The author of a proposed education block grant is offering to preserve seven programs he initially targeted for elimination, but the concessions aren’t enough to win over his opponents.
Sen. Slade Gorton, R-Wash., said he would recommend that a House-Senate conference committee keep independent funding for vocational education of secondary and junior college students and the training of disabled adults. He also said he would encourage the committee to save two technology-grant programs, Indian education, an arts education program, and the Reading Is Fundamental book-distribution program.
He wants the vocational education and training programs to stay on their own because they are “not primarily directed at K-12 education,” he said in a statement on the Senate floor Sept. 23. The other modifications were made to “incorporate the suggestions of several supporters for minor improvements.”
“These changes, however, do not offset the amendment’s overall philosophy, which is to restore the decisionmaking authority ... of parents, teachers, principals, superintendents, and school board members,” Mr. Gorton added.
Opponents Not Appeased
If Mr. Gorton’s block grant proposal were to be approved in a final spending bill, existing programs for school reform, drug-free schools and communities, charter schools, and several other activities would be merged into a no-strings-attached grant that would go directly to school districts, starting in the 1998-99 school year. (“House Rejects Block Grants in Passing Appropriation,” Sept. 24, 1997.)
While the amended Gorton proposal represents the start toward a compromise, it doesn’t address the main concerns of its foes.

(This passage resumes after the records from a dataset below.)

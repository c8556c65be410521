-- ===== src/Utils/Base64/RoundTrip.antt =====
-- Base64Decode reads what base64_encode writes (libspider/Utils.cpp).
use crowdspider.Base.{
  ℕ, suc, ◌+◌, ◌-◌, ◌*◌, ◌/◌, ◌%◌, ◌<◌, ◌≡◌, refl, ◌∙◌, Bool, true, false, some, [], ◌∷◌, ◌++◌,
  arith, ltb, ◌==◌, lt→ltb, ==_iff, length, get_or, replicate, All, get_elem?-get_or, Bytes,
}
use crowdspider.Base.Bits.{true_below, table_entry}
use crowdspider.Utils.Base64.{
  tbl, tbl_at, wget_block, pad_one, pad_two, base64_encode, decode_char, trip, trip_bytes,
  decode_quads, base64_decode,
}

-- Every character of the table decodes to its index.
abbrev decodes : ℕ → Bool
decodes i = decode_char (get_or tbl i 0) == i

decodes_table : true_below 64 decodes ≡ true
unfolding true_below decode_char
decodes_table = refl

ltb_zero : (i : ℕ) → ltb i 0 ≡ false
ltb_zero i = ground arith

minus_zero : (i : ℕ) → i - 0 ≡ i
minus_zero i = omega arith

-- ASCII characters stay inside the table.
pub tbl_at-some : (i : ℕ) → i < 64 → tbl_at i 0 ≡ some (get_or tbl i 0)
unfolding tbl_at
tbl_at-some i h = rw (ltb_zero, minus_zero) (get_elem?-get_or tbl i 0 h)

decode-tbl : (i : ℕ) → i < 64 → decode_char (get_or tbl i 0) ≡ i
decode-tbl i h = (==_iff _ _).0 (table_entry 64 decodes i decodes_table h)

-- The four indices of three characters.
unfoldable pub four : ℕ → ℕ → ℕ → Bytes
four a b c =
    get_or tbl (a / 4) 0
    ∷ get_or tbl (a % 4 * 16 + b / 16) 0
    ∷ get_or tbl (b % 16 * 4 + c / 64) 0
    ∷ get_or tbl (c % 64) 0
    ∷ []

pub wget_block_ascii :
    (a b c : ℕ) → a < 128 → b < 128 → c < 128 → wget_block a b c ≡ some (four a b c)
unfolding wget_block four
wget_block_ascii a b c ha hb hc =
    rw
      (
        lt→ltb a 128 ha,
        lt→ltb b 128 hb,
        lt→ltb c 128 hc,
        tbl_at-some (a / 4) (omega arith),
        tbl_at-some (a % 4 * 16 + b / 16) (omega arith),
        tbl_at-some (b % 16 * 4 + c / 64) (omega arith),
        tbl_at-some (c % 64) (omega arith),
      )
      refl

trip_four :
    (a b c : ℕ)
    → a < 128
    → b < 128
    → c < 128
    → trip_bytes (trip (a / 4) (a % 4 * 16 + b / 16) (b % 16 * 4 + c / 64) (c % 64))
      ≡ a ∷ b ∷ c ∷ []
unfolding trip_bytes trip
trip_four a b c ha hb hc =
    let e0 : (((a / 4 * 64 + (a % 4 * 16 + b / 16)) * 64 + (b % 16 * 4 + c / 64)) * 64 + c % 64)
          / 65536
          % 256
        ≡ a =
      omega arith in
    let e1 : (((a / 4 * 64 + (a % 4 * 16 + b / 16)) * 64 + (b % 16 * 4 + c / 64)) * 64 + c % 64)
          / 256
          % 256
        ≡ b =
      omega arith in
    let e2 : (((a / 4 * 64 + (a % 4 * 16 + b / 16)) * 64 + (b % 16 * 4 + c / 64)) * 64 + c % 64)
          % 256
        ≡ c =
      omega arith in
    cc (e0, e1, e2)

quads_four :
    (a b c : ℕ) (s : Bytes)
    → a < 128
    → b < 128
    → c < 128
    → decode_quads (four a b c ++ s) ≡ a ∷ b ∷ c ∷ decode_quads s
unfolding decode_quads four
quads_four a b c s ha hb hc =
    rw
      (
        decode-tbl (a / 4) (omega arith),
        decode-tbl (a % 4 * 16 + b / 16) (omega arith),
        decode-tbl (b % 16 * 4 + c / 64) (omega arith),
        decode-tbl (c % 64) (omega arith),
        trip_four a b c ha hb hc,
      )
      refl

decode_pad : decode_char b'=' ≡ 0
unfolding decode_char
decode_pad = refl

trip_pad_one :
    (a b : ℕ)
    → a < 128
    → b < 128
    → trip_bytes (trip (a / 4) (a % 4 * 16 + b / 16) (b % 16 * 4 + 0) 0) ≡ a ∷ b ∷ 0 ∷ []
trip_pad_one a b ha hb = trip_four a b 0 ha hb (omega arith)

trip_pad_two : (a : ℕ) → a < 128 → trip_bytes (trip (a / 4) (a % 4 * 16 + 0) 0 0) ≡ a ∷ 0 ∷ 0 ∷ []
trip_pad_two a ha = trip_four a 0 0 ha (omega arith) (omega arith)

quads_pad_one : (a b : ℕ) → a < 128 → b < 128 → decode_quads (pad_one (four a b 0)) ≡ a ∷ b ∷ 0 ∷ []
unfolding decode_quads four pad_one
quads_pad_one a b ha hb =
    let z : b % 16 * 4 + 0 / 64 ≡ b % 16 * 4 = omega arith in
    rw
      (
        decode-tbl (a / 4) (omega arith),
        decode-tbl (a % 4 * 16 + b / 16) (omega arith),
        decode-tbl (b % 16 * 4 + 0) (omega arith),
        decode_pad,
        trip_pad_one a b ha hb,
      )
      refl

quads_pad_two : (a c : ℕ) → a < 128 → c < 128 → decode_quads (pad_two (four a 0 c)) ≡ a ∷ 0 ∷ 0 ∷ []
unfolding decode_quads four pad_two
quads_pad_two a c ha hb =
    rw
      (
        decode-tbl (a / 4) (omega arith),
        decode-tbl (a % 4 * 16 + 0) (omega arith),
        decode_pad,
        trip_pad_two a ha,
      )
      refl

-- The zeros that fill the last three characters up.
abbrev pub fill : ℕ → ℕ
fill n = (3 - n % 3) % 3

length-four : (a b c : ℕ) (t : Bytes) → length (four a b c ++ t) ≡ suc (suc (suc (suc (length t))))
unfolding four
length-four a b c t = refl

whole_quads : (t : Bytes) (m : ℕ) → length t ≡ 4 * m → base64_decode t ≡ decode_quads t
unfolding base64_decode
whole_quads [] m h = unfold decode_quads in refl
whole_quads (c ∷ t) m h =
    let z : (suc (length t) == 0) ≡ false = ground arith in
    let q : (suc (length t) % 4 == 0) ≡ true = ground arith in rw (z, q) refl

fill_three : (n : ℕ) → fill (suc (suc (suc n))) ≡ fill n
fill_three n = omega arith

more_length :
    (m n : ℕ) → m ≡ 4 * ((n + 2) / 3) → suc (suc (suc (suc m))) ≡ 4 * ((suc (suc (suc n)) + 2) / 3)
more_length m n h = omega arith

encode_quads :
    (beyond : ℕ) (s : Bytes)
    → beyond < 128
    → All (λ c. c < 128) s
    → (t : Bytes) × (base64_encode beyond s ≡ some t)
      × (decode_quads t ≡ s ++ replicate (fill (length s)) 0)
      × (length t ≡ 4 * ((length s + 2) / 3))
unfolding base64_encode
encode_quads beyond [] hb h = ([], refl, (unfold decode_quads in refl), refl)
encode_quads beyond (a ∷ []) hb h = (
  pad_two (four a 0 beyond),
  rw (wget_block_ascii a 0 beyond h.0 (omega arith) hb) refl,
  quads_pad_two a beyond h.0 hb,
  (unfold pad_two four in refl),
)
encode_quads beyond (a ∷ b ∷ []) hb h = (
  pad_one (four a b 0),
  rw (wget_block_ascii a b 0 h.0 h.1.0 (omega arith)) refl,
  quads_pad_one a b h.0 h.1.0,
  (unfold pad_one four in refl),
)
encode_quads beyond (a ∷ b ∷ c ∷ s) hb h =
    let (t, e, d, l) = encode_quads beyond s hb h.1.1.1 in
    (
      four a b c ++ t,
      rw (wget_block_ascii a b c h.0 h.1.0 h.1.1.0, e) refl,
      rw (quads_four a b c t h.0 h.1.0 h.1.1.0, d, fill_three (length s)) refl,
      length-four a b c t ∙ more_length (length t) (length s) l,
    )

-- Of a text of ASCII characters base64_encode reads nothing outside its table, if the byte behind
-- the text's NUL is ASCII as well, the result has four characters for each three begun, and
-- Base64Decode gives the text back, filled up by zeros to a multiple of three.
pub base64_decode-base64_encode :
    (beyond : ℕ) (s : Bytes)
    → beyond < 128
    → All (λ c. c < 128) s
    → (t : Bytes) × (base64_encode beyond s ≡ some t)
      × (base64_decode t ≡ s ++ replicate (fill (length s)) 0)
      × (length t ≡ 4 * ((length s + 2) / 3))
base64_decode-base64_encode beyond s hb h =
    let (t, e, d, l) = encode_quads beyond s hb h in (t, e, whole_quads t _ l ∙ d, l)
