-- ===== src/Utils/Base64/Own.antt =====
-- Base64Encode, which writes the credentials of HttpCli.cpp, against base64_encode
-- (libspider/Utils.cpp).
use crowdspider.Base.{
  ℕ, ◌+◌, ◌*◌, ◌/◌, ◌%◌, ◌^◌, ◌≤◌, ◌<◌, ◌≡◌, refl, sym, ap, ◌∙◌, ◌↔◌, Bool, true, false, not, ◌&&◌,
  ◌||◌, some, [], ◌∷◌, ◌++◌, arith, ltb, ◌==◌, lt→ltb, length, get_or, All, Bytes, bytes_eq,
  bytes_eq_iff,
}
use crowdspider.Base.Bits.{true_below, table_entry, same, same_eq}
use crowdspider.Utils.Base64.RoundTrip.{four, wget_block_ascii}
use crowdspider.Utils.Base64.{
  tbl, pad_one, pad_two, base64_encode, own_char, shift_6, own_quad, own_block, own_blocks,
  own_base64_encode,
}

own_char_low : (v : ℕ) → own_char v ≡ own_char (v % 256)
unfolding own_char
own_char_low v =
    let six : v % 256 % 64 ≡ v % 64 = omega arith in
    let eight : v % 256 % 256 ≡ v % 256 = omega arith in rw (six, eight) refl

-- The character is the table's, but for low eight bits that are 0.
abbrev char_law : ℕ → Bool
char_law v = same (own_char v == get_or tbl (v % 64) 0) (not (v == 0))

char_table : true_below 256 char_law ≡ true
unfolding true_below own_char
char_table = refl

char_eq : (v i : ℕ) → v % 64 ≡ i → (own_char v == get_or tbl i 0) ≡ not (v % 256 == 0)
char_eq v i h =
    let t = table_entry 256 char_law (v % 256) char_table (omega arith) in
    let six : v % 256 % 64 ≡ i = omega arith in
    ap (λ x. x == get_or tbl i 0) (own_char_low v)
    ∙ ap (λ j. own_char (v % 256) == get_or tbl j 0) (sym six)
    ∙ same_eq _ _ t

shift_small : (x y : ℕ) → x < 2 ^ 31 → x / 64 ≡ y → shift_6 x ≡ y
unfolding shift_6
shift_small x y h e = ground arith

quad_ascii : (a b c : ℕ) → a < 128 → b < 128 → c < 128 → own_quad a b c ≡ a * 65536 + b * 256 + c
unfolding own_quad
quad_ascii a b c ha hb hc = rw (lt→ltb a 128 ha, lt→ltb b 128 hb, lt→ltb c 128 hc) (omega arith)

and_true : (x : Bool) → (x && true) ≡ x
and_true x = ground arith

not_or : (x y : Bool) → (not x && not y) ≡ not (x || y)
not_or x y = ground arith

-- The four characters of a block, for ASCII characters.
own_block_ascii :
    (a b c : ℕ)
    → a < 128
    → b < 128
    → c < 128
    → own_block (own_quad a b c)
      ≡ own_char (a / 4)
        ∷ own_char (a * 16 + b / 16)
        ∷ own_char (a * 1024 + b * 4 + c / 64)
        ∷ own_char (a * 65536 + b * 256 + c)
        ∷ []
unfolding own_block
own_block_ascii a b c ha hb hc =
    rw
      (
        quad_ascii a b c ha hb hc,
        shift_small (a * 65536 + b * 256 + c) (a * 1024 + b * 4 + c / 64) (omega arith)
            (omega arith),
        shift_small (a * 1024 + b * 4 + c / 64) (a * 16 + b / 16) (omega arith) (omega arith),
        shift_small (a * 16 + b / 16) (a / 4) (omega arith) (omega arith),
      )
      refl

abbrev Printable : ℕ → Type 0
Printable c = (32 ≤ c) × (c < 128)

third_zero :
    (a b c : ℕ)
    → Printable b
    → Printable c
    → ((a * 1024 + b * 4 + c / 64) % 256 == 0) ≡ (b == b'@' && ltb c 64)
third_zero a b c hb hc = ground arith

own_char_pad : (v : ℕ) → v % 256 ≡ 0 → own_char v ≡ b'='
unfolding own_char
own_char_pad v h = rw h refl

-- A block of three characters comes out otherwise if the middle one is `@` and the last below 64.
own_block_eq :
    (a b c : ℕ) (s t : Bytes)
    → Printable a
    → Printable b
    → Printable c
    → bytes_eq (own_block (own_quad a b c) ++ s) (four a b c ++ t)
      ≡ not (b == b'@' && ltb c 64) && bytes_eq s t
unfolding bytes_eq four
own_block_eq a b c s t ha hb hc =
    let first : (a / 4 % 256 == 0) ≡ false = ground arith in
    let second : ((a * 16 + b / 16) % 256 == 0) ≡ false = ground arith in
    let last : ((a * 65536 + b * 256 + c) % 256 == 0) ≡ false = ground arith in
    rw
      (
        own_block_ascii a b c ha.1 hb.1 hc.1,
        char_eq (a / 4) (a / 4) (omega arith),
        char_eq (a * 16 + b / 16) (a % 4 * 16 + b / 16) (omega arith),
        char_eq (a * 1024 + b * 4 + c / 64) (b % 16 * 4 + c / 64) (omega arith),
        char_eq (a * 65536 + b * 256 + c) (c % 64) (omega arith),
        first,
        second,
        last,
        third_zero a b c hb hc,
      )
      refl

-- With two characters left, the block comes out otherwise if the last is `@`.
own_two_eq :
    (a b : ℕ)
    → Printable a
    → Printable b
    → bytes_eq (own_block (own_quad a b 0)) (pad_one (four a b 0)) ≡ not (b == b'@')
unfolding bytes_eq four pad_one
own_two_eq a b ha hb =
    let first : (a / 4 % 256 == 0) ≡ false = ground arith in
    let second : ((a * 16 + b / 16) % 256 == 0) ≡ false = ground arith in
    let third : ((a * 1024 + b * 4 + 0 / 64) % 256 == 0) ≡ (b == b'@') = ground arith in
    rw
      (
        own_block_ascii a b 0 ha.1 hb.1 (omega arith),
        char_eq (a / 4) (a / 4) (omega arith),
        char_eq (a * 16 + b / 16) (a % 4 * 16 + b / 16) (omega arith),
        char_eq (a * 1024 + b * 4 + 0 / 64) (b % 16 * 4 + 0 / 64) (omega arith),
        own_char_pad (a * 65536 + b * 256 + 0) (omega arith),
        first,
        second,
        third,
      )
      (and_true (not (b == b'@')))

-- With one character left, the block comes out otherwise if its low four bits are 0.
own_one_eq :
    (a beyond : ℕ)
    → Printable a
    → bytes_eq (own_block (own_quad a 0 0)) (pad_two (four a 0 beyond)) ≡ not (a % 16 == 0)
unfolding bytes_eq four pad_two
own_one_eq a beyond ha =
    let first : (a / 4 % 256 == 0) ≡ false = ground arith in
    let second : ((a * 16 + 0 / 16) % 256 == 0) ≡ (a % 16 == 0) = ground arith in
    rw
      (
        own_block_ascii a 0 0 ha.1 (omega arith) (omega arith),
        char_eq (a / 4) (a / 4) (omega arith),
        char_eq (a * 16 + 0 / 16) (a % 4 * 16 + 0 / 16) (omega arith),
        own_char_pad (a * 1024 + 0 * 4 + 0 / 64) (omega arith),
        own_char_pad (a * 65536 + 0 * 256 + 0) (omega arith),
        first,
        second,
      )
      (and_true (not (a % 16 == 0)))

-- A block whose character inside the result comes from eight low bits that are 0.
unfoldable pub is_spoiled : Bytes → Bool
is_spoiled [] = false
is_spoiled (a ∷ []) = a % 16 == 0
is_spoiled (a ∷ b ∷ []) = b == b'@'
is_spoiled (a ∷ b ∷ c ∷ s) = b == b'@' && ltb c 64 || is_spoiled s

own_eq :
    (beyond : ℕ) (s : Bytes)
    → beyond < 128
    → All Printable s
    → (t : Bytes) × (base64_encode beyond s ≡ some t)
      × (bytes_eq (own_blocks s) t ≡ not (is_spoiled s))
unfolding base64_encode own_blocks is_spoiled
own_eq beyond [] hb h = ([], refl, (unfold bytes_eq in refl))
own_eq beyond (a ∷ []) hb h = (
  pad_two (four a 0 beyond),
  rw (wget_block_ascii a 0 beyond h.0.1 (omega arith) hb) refl,
  own_one_eq a beyond h.0,
)
own_eq beyond (a ∷ b ∷ []) hb h = (
  pad_one (four a b 0),
  rw (wget_block_ascii a b 0 h.0.1 h.1.0.1 (omega arith)) refl,
  own_two_eq a b h.0 h.1.0,
)
own_eq beyond (a ∷ b ∷ c ∷ s) hb h =
    let (t, e, q) = own_eq beyond s hb h.1.1.1 in
    (
      four a b c ++ t,
      rw (wget_block_ascii a b c h.0.1 h.1.0.1 h.1.1.0.1, e) refl,
      own_block_eq a b c (own_blocks s) t h.0 h.1.0 h.1.1.0
          ∙ rw q (not_or (b == b'@' && ltb c 64) (is_spoiled s)),
    )

some_iff : (a t : Bytes) (b : Bool) → bytes_eq a t ≡ not b → (some a ≡ some t) ↔ (b ≡ false)
some_iff a t b q = ground (arith, bytes_eq_iff a t)

-- For a printable text of at most 90 characters Base64Encode gives what base64_encode gives exactly
-- if no block is spoiled: none has `@` in the middle with a character below 64 behind it, a last
-- block of two does not end in `@`, and a last one of one is no character whose low four bits are 0.
pub own_base64_encode_iff :
    (beyond : ℕ) (s : Bytes)
    → beyond < 128
    → All Printable s
    → length s ≤ 90
    → (own_base64_encode s ≡ base64_encode beyond s) ↔ (is_spoiled s ≡ false)
unfolding own_base64_encode
own_base64_encode_iff beyond s hb h l =
    let (t, e, q) = own_eq beyond s hb h in
    let fits : ltb 120 (4 * ((length s + 2) / 3)) ≡ false = ground arith in
    rw (fits, e) (some_iff (own_blocks s) t (is_spoiled s) q)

“We would not favor the adoption of the Gorton amendment in any form,” said David B. Williams, a spokesman for Rep. John F. Tierney, D-Mass. Mr. Tierney recruited 167 other House members--five of them Republicans--to sign a letter urging House appropriators on the conference committee to reject the block grant. Last week, 43 senators also threatened a filibuster over the matter.
The Gorton amendment would end the long-standing clause requiring federal funds to supplement local money. That means cities could use increases in federal aid as an excuse to cut local spending on schools, according to an analysis by the House Democratic Policy Committee.
The fate of the block grant will be decided in the coming weeks by a panel of appropriators from the House and the Senate. The House bill contains no comparable provision.